Бракосочетание благополучно состоялось. Они зажили мирно и беззаботно. Все складывалось как нельзя лучше.
Спустя какое-то время жена сказала:
– Я не принесла вам ни приданого, ни свадебного подарка. Если дадите мне мастерскую, где я могла бы работать, я сотку вам чудесную материю, но при условии, что даже вы не будете туда входить.
Муж согласился. Молодая жена стала проводить в мастерской по многу часов в день и через неделю, заметно ослабев от трудов, вынесла мужу ткань, каких он никогда в жизни не видел: это была какая-то необыкновенная материя, такая прекрасная и изысканная, что дух захватывало.
– Что это? Как вам удалось это сделать? – не удержался он от вопроса.
Она опустила глаза и ничего не ответила.
– Позволите ли вы мне продать ее? – спросил он.
– Она принадлежит вам, вы не обязаны со мной советоваться.
Покупатель быстро нашелся и заплатил баснословную цену.
Шли недели. В лавку один за другим потянулись клиенты, и все спрашивали ту дивную ткань, о которой многие уже прослышали.
Муж попросил жену снова соткать ему волшебную материю. Она уединилась в мастерской и через неделю, бледная и похудевшая, вынесла ему столь же изумительную ткань.
Торговец продал ее вдвое дороже, чем первую, а потом готов был локти себе кусать: запроси он в десять раз больше, ее все равно купили бы мгновенно. Он опять попросил жену соткать такую же.
Она не отказала ему ни разу, хотя силы ее убывали. Муж это замечал, но не мог унять жажду наживы. Люди теперь толпились в его лавке с утра до вечера, требуя уникальную ткань.
Жена вовсе перестала выходить из мастерской. Она работала днем и ночью, стараясь выдержать бешеный темп, которого требовал муж. Тот не мог не видеть, что она стремительно худеет.
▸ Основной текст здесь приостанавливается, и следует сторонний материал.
-- ===== src/Lib.antt =====
-- A SOCKS5 proxy (libevent, C++): a client connects, greets, logs in with a name and a password, and
-- asks for a TCP stream to an address; the proxy connects there and moves bytes both ways.
--
-- The parts and the files that model them. The sources are under src/ of the repository.
--   Base: shared names; Base/Buffer: vectors of bytes with checked reads and writes. An operation of
--     a coder is an Outcome: `ok`, `refused` (return false), `bad_variant` (std::get throws) or
--     `out_of_bounds` (what C++ leaves undefined).
--   Types, Types/Codes: SocksTypes.h, SocksCommon.cpp.
--   Decoder (SocksDecoder.cpp), Encoder (SocksEncoder.cpp): the `decode` and `encode` overloads, one
--     function each. Wire: the byte formats, written down apart from both; Wire/Prefixes: where
--     a message ends. RoundTrip: both together.
--   StateMachine (StateMachine.cpp): the conversation with a client. Its methods are functions on an
--     arbitrary world, in which the owner that they call may call back. StateMachine/Recorder puts it
--     beside an owner that records its calls.
--   Tracker (InConnTracker.cpp) owns the machine and sends what it answers. Proxy (TcpStreamProxy.cpp,
--     DirectedProxyConnection.cpp) moves the bytes; Proxy/Ending: its two sockets. Session
--     (Session.cpp) owns both: its world is the session itself, with a trace of what it makes other
--     objects do, newest first, and a flag `dangling` for a use of the session after it was deleted.
--     Session/Fragments: messages that TCP cuts up or joins; Session/Replies: what the client receives;
--     Session/Destruction: how often it is deleted; Session/Origins: which events its effects come from;
--     Session/Reaching: from a command to libevent.
--   Split (libratel/StringUtils.cpp), Accounts (SocksLoginPassAuthorizer.cpp): the file of logins;
--     Accounts/Logins/Table: its map without the order of the list that stands for it.
--   SocketAddress (Event/EventSocketCommon.cpp): addresses of sockets. Socket
--     (Event/EventSocketConnected.cpp): a connection of the event loop; Socket/Plain: its variant in
--     Event/EventSocket.cpp. Manager (SessionMng.cpp, Event/EventTcpServer.cpp): the sessions and the
--     connections in their maps; Manager/Independence and Manager/Serving: one session among others;
--     Manager/Protection: every session.
--   Program (main.cpp, LoggerAdapter.cpp): the arguments, and the levels and sinks of the log.
--     SignalListener (Event/EventSignalListener.cpp): the events of signal numbers.
--   Maps: std::unordered_map as an association list, with its laws.
--   What follows is of libratel, and the proxy does not use it.
--   Memory (libratel/MemReader.cpp, MemWriter.cpp, Serialization.cpp): cursors over memory.
--   Optional (libratel/Optional.h): the union and the flag of an optional, and its comparisons.
--     Optional/Lifetimes: two of them and what is done with them.
--   Queue (libratel/ConcurrentQueue.h): a queue with waiting threads. Each stretch of code under the
--     mutex is an action, and any list of actions an interleaving.
--   Signals (libratel/NQSignals/Private/SignalConnectionStorage.h, SignalCallback.h, SignalHash.h):
--     which slots are connected to which signal; Signals/Links sets it against a map. Signals/Object
--     (NQSignals/NQObject.h): objects that connect, emit and go away. Signals/Handler
--     (NQSignals/Private/SignalHandler.cpp): the loop that calls signals; Signals/Handler/Threads: that
--     loop in a thread of its own.
--   TcpServer, BaseSocket, ExSocket (libratel/TcpServer.cpp, TcpSocket.cpp): two older servers, their
--     sockets, and their loops round `select`. What the system does in a round is given as a record.
--     TcpServer/Accounting: the clients that the loop accepts, over all its rounds.
--   Tests: the theorems at concrete inputs.
--
-- A byte is a number below 256 and a uint16_t is two bytes of a little-endian host. Loops are
-- structural, but for these: read_methods runs over the bytes left; split_rest has fuel, one more
-- than the length of the string, as every round but the last uses up a delimiter; run_once and loop of
-- Signals/Handler have fuel, one round for each signal (Signals/Handler/Loop says how much run_once
-- needs); the loops of the older servers run over a list of rounds, and say where they stand after it.
--
-- Not modelled: what the log says; libevent, its loop and listener, and the texts of addresses, whose
-- calls are parameters; threads, but for those of Queue
-- and of Signals/Handler/Threads; the Windows variants;
-- libratel/Event2Server.cpp, which is commented out in full. The authorizer of Session is a parameter,
-- which Session/Trust/Listed fills with that of Accounts. A session gets no event after its end, when
-- its connections go with it.
mod Base
pub mod Split
pub mod Accounts
pub mod SocketAddress
pub mod Socket
pub mod Types
pub mod Decoder
pub mod Encoder
pub mod Wire
pub mod RoundTrip
pub mod StateMachine
pub mod Tracker
pub mod Proxy
pub mod Session
pub mod Maps
pub mod Manager
pub mod Memory
pub mod Queue
pub mod Optional
pub mod Signals
pub mod TcpServer
pub mod BaseSocket
pub mod ExSocket
pub mod SignalListener
pub mod Program
pub mod Tests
Она утратила красоту и молодость, кожа ее приобрела зеленоватый оттенок, волосы поблекли, взор потускнел. Муж забеспокоился, но остановиться был уже не способен. Чтобы как-то оправдаться в собственных глазах, он лишь слегка умерил свои запросы.
Через несколько месяцев жена заболела. Однако не стала трудиться меньше. Торговец слышал, как она кашляет. Его мучила совесть. “Если я зайду в мастерскую, то смогу, наверное, ей помочь”, – подумал он. Он боялся признаться себе, что на самом деле хочет выведать секрет жены до ее неминуемой кончины.
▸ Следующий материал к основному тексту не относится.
-- ===== src/Split.antt =====
-- stringSplit of libratel/StringUtils.cpp. `std::string::find` and `substr` are written out; a
-- string is the list of its bytes.
pub mod Fields
use socks.Base.{
  ℕ, zero, suc, ◌+◌, ◌-◌, ◌∷◌, List, [], Bool, true, false, ◌&&◌, leb, ◌==◌, if◌then◌else◌, Option,
  none, some, length, take, drop,
}

starts_with : List ℕ → List ℕ → Bool
starts_with [] s = true
starts_with (d ∷ ds) [] = false
starts_with (d ∷ ds) (c ∷ s) = d == c && starts_with ds s

-- The first place of `delim`, from the start; `none` is `npos`.
unfoldable pub find_first : List ℕ → List ℕ → Option ℕ
unfolding starts_with
find_first delim [] = if starts_with delim [] then some 0 else none
find_first delim (c ∷ s) =
    let later = find_first delim s in
    if starts_with delim (c ∷ s)
    then some 0
    else elim later [ none ↦ none | some it ↦ some (suc it) ]

-- `str.find(delim, pos)`
unfoldable pub find : List ℕ → List ℕ → ℕ → Option ℕ
unfolding find_first
find str delim pos =
    if leb pos (length str)
    then elim (find_first delim (drop pos str)) [ none ↦ none | some it ↦ some (pos + it) ]
    else none

-- `str.substr(pos, n)`, for a `pos` that is not past the end.
substr : List ℕ → ℕ → ℕ → List ℕ
substr str pos n = take n (drop pos str)

-- The rounds of the loop that follow a delimiter found, each of which finds the next one; `npos -
-- prev` bytes are all that are left. The first argument bounds the rounds.
unfoldable pub split_rest : ℕ → List ℕ → List ℕ → ℕ → List (List ℕ)
unfolding find substr
split_rest zero str delim prev = []
split_rest (suc k) str delim prev = elim (find str delim prev) [
  | none ↦ substr str prev (length str) ∷ []
  | some it ↦
      (let piece = substr str prev (it - prev) in
        piece ∷ split_rest k str delim (prev + (length delim + length piece)))
]

unfoldable pub string_split : List ℕ → List ℕ → List (List ℕ)
unfolding find substr split_rest
string_split str delim = elim (find str delim 0) [
  | none ↦ substr str 0 (length str) ∷ []
  | some it ↦ substr str 0 it ∷ split_rest (length str + 1) str delim (it + length delim)
]
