-- ===== src/Types/Codes.antt =====
-- The enumerations of SocksTypes.h, each a set of byte values, and the tests of SocksCommon.cpp.
use socks.Base.{ℕ, Bool, ◌||◌, ◌==◌}

abbrev pub version5 : ℕ
version5 = 0x05

abbrev pub no_auth : ℕ
no_auth = 0x00

abbrev pub auth_gssapi : ℕ
auth_gssapi = 0x01

abbrev pub auth_login_pass : ℕ
auth_login_pass = 0x02

abbrev pub no_available_method : ℕ
no_available_method = 0xff

abbrev pub tcp_stream : ℕ
tcp_stream = 0x01

abbrev pub tcp_port_binding : ℕ
tcp_port_binding = 0x02

abbrev pub udp_port_binding : ℕ
udp_port_binding = 0x03

abbrev pub ipv4_addr : ℕ
ipv4_addr = 0x01

abbrev pub domain_addr : ℕ
domain_addr = 0x03

abbrev pub ipv6_addr : ℕ
ipv6_addr = 0x04

-- SocksCommandMsgResp: the statuses that the program sends.
abbrev pub request_granted : ℕ
request_granted = 0x00

abbrev pub general_failure : ℕ
general_failure = 0x01

abbrev pub host_unreachable : ℕ
host_unreachable = 0x04

abbrev pub command_not_supported : ℕ
command_not_supported = 0x07

unfoldable pub is_version_support : ℕ → Bool
is_version_support v = v == version5

unfoldable pub is_auth_method_exist : ℕ → Bool
is_auth_method_exist v = v == no_auth || (v == auth_gssapi || v == auth_login_pass)

unfoldable pub is_command_exist : ℕ → Bool
is_command_exist v = v == tcp_port_binding || (v == tcp_stream || v == udp_port_binding)

unfoldable pub is_address_type_exist : ℕ → Bool
is_address_type_exist v = v == ipv4_addr || (v == domain_addr || v == ipv6_addr)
Однажды, не устояв, он проник в тайную мастерскую, и представшее ему зрелище пригвоздило его к месту: роскошная белая журавлиха клювом выдергивала у себя пух и перья, которые катастрофически редели, и подкладывала их в ткацкий станок. Она так страдала, что издавала стоны, маскируя их под человеческий кашель.
Увидев своего соглядатая-мужа, она вскрикнула от испуга и в тот же миг вылетела в распахнутую дверь. Единственным утешением для отчаявшегося супруга стало то, что, несмотря на слабость, его жена-птица сумела долететь до гор.
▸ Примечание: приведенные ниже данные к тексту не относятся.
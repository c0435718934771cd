-- ===== src/Types.antt =====
-- SocksTypes.h: the constants and messages of the protocol. SocksCommon.cpp: the tests of codes.
-- An address is a `std::variant`; its kind is kept beside it by the messages, as in the source.
mod Codes
unfoldable pub use Codes.*
use socks.Base.{ℕ, List, []}
use Codes.{version5}

-- SocksVariantAddress: the arrays have 4 and 16 bytes (`IsAddress` in Wire/Valid).
pub data VariantAddress : Type 0 where
  ipv4 : List ℕ → VariantAddress
  domain : List ℕ → VariantAddress
  ipv6 : List ℕ → VariantAddress

pub record Address : Type 0 where
  pub kind : ℕ
  pub addr : VariantAddress
  pub port : ℕ

pub record GreetingMsg : Type 0 where
  pub version : ℕ
  pub auth_methods : List ℕ

pub record GreetingMsgResp : Type 0 where
  pub version : ℕ
  pub auth_method : ℕ

pub record UserPassAuthMsg : Type 0 where
  pub user : List ℕ
  pub password : List ℕ

pub record UserPassAuthMsgResp : Type 0 where
  pub version : ℕ
  pub status : ℕ

pub record CommandMsg : Type 0 where
  pub version : ℕ
  pub command : ℕ
  pub addr_type : ℕ
  pub addr : VariantAddress
  pub port : ℕ

pub record CommandMsgResp : Type 0 where
  pub version : ℕ
  pub status : ℕ
  pub addr_type : ℕ
  pub addr : VariantAddress
  pub port : ℕ

-- The default constructors, which set the version and leave the vectors and strings empty.
abbrev pub fresh_greeting : GreetingMsg
fresh_greeting = record { version = version5; auth_methods = [] }

abbrev pub fresh_user_pass : UserPassAuthMsg
fresh_user_pass = record { user = []; password = [] }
Он взял в руки незаконченную ткань и даже обрадовался, обнаружив, что для продажи она не годится. Почему нужно было дойти до такой крайности, чтобы понять, что некоторые вещи цены не имеют?
Он отнес драгоценную ткань в токоному[1], проклиная себя за постыдную жадность.
Эту старинную японскую сказку рассказывала мне моя няня Нисио-сан, когда мне было четыре года. Ее жестокость повергала меня в сладостный ужас. Контраст между малодушием торговца и жертвенным благородством жены восхищал меня.
Я не задавалась вопросом, есть ли у этой истории мораль, но подсознательно понимала, что птица указала человеку на его низость.
Мне очень хотелось взглянуть на журавлей. Увы, это птица редкая даже в Японии. Напрасно я не заинтересовалась тогда обычными воробьями, не видя в них ничего примечательного.
В пять лет меня оторвали от Японии. Мой отец получил назначение в Пекин, что в 1972 году не сулило ничего радостного.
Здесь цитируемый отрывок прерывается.